---------- MATERIAL PROVIDED ----------

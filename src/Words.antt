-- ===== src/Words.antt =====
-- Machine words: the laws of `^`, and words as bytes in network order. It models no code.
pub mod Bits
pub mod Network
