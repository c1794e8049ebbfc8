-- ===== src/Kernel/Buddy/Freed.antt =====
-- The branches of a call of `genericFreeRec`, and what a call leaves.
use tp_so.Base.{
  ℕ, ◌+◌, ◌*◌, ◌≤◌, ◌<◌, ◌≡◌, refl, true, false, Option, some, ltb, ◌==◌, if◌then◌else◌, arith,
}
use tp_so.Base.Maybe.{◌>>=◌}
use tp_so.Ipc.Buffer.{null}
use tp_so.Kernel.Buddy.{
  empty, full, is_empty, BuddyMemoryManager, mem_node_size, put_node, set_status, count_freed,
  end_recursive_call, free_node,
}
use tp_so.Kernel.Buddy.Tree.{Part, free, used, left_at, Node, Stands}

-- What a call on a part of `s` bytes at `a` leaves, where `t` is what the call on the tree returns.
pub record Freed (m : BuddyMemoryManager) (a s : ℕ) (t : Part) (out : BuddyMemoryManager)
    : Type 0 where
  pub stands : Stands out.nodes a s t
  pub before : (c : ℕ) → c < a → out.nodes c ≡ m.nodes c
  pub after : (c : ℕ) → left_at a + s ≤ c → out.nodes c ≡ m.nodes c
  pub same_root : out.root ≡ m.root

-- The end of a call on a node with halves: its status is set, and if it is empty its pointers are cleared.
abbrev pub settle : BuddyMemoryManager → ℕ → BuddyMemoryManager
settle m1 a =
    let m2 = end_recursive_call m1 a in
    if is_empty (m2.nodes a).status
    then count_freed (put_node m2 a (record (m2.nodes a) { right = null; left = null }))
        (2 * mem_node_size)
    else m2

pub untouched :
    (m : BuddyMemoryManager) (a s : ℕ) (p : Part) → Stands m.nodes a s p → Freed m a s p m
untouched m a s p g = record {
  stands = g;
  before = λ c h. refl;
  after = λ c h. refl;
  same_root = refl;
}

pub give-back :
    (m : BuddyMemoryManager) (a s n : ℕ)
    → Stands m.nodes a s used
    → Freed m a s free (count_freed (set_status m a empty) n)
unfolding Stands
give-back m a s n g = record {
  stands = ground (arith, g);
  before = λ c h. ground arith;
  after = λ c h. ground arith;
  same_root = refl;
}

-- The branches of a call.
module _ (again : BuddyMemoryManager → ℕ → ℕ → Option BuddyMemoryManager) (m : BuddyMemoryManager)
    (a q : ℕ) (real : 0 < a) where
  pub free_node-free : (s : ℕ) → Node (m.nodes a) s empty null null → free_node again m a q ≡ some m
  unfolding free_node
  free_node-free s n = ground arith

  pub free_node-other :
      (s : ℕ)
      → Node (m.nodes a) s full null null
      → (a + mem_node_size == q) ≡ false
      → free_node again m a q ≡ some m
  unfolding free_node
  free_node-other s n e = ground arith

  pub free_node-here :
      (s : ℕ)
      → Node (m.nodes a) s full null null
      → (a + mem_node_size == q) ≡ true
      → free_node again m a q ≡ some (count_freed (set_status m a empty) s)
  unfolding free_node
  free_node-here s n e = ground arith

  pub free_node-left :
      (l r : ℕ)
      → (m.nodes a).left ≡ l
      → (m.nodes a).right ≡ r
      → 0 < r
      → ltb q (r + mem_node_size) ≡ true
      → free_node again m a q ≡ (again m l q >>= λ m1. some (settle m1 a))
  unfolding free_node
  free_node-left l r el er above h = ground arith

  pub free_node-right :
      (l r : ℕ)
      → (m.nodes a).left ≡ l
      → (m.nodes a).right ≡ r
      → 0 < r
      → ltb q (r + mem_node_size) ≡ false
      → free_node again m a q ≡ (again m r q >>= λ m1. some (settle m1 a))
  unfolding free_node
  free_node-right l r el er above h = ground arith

----------

#### TASK TO CARRY OUT
Which lines in the data above contain "Option"? Show each one.

#### FINAL ANSWER
  ℕ, ◌+◌, ◌*◌, ◌≤◌, ◌<◌, ◌≡◌, refl, true, false, Option, some, ltb, ◌==◌, if◌then◌else◌, arith,
module _ (again : BuddyMemoryManager → ℕ → ℕ → Option BuddyMemoryManager) (m : BuddyMemoryManager)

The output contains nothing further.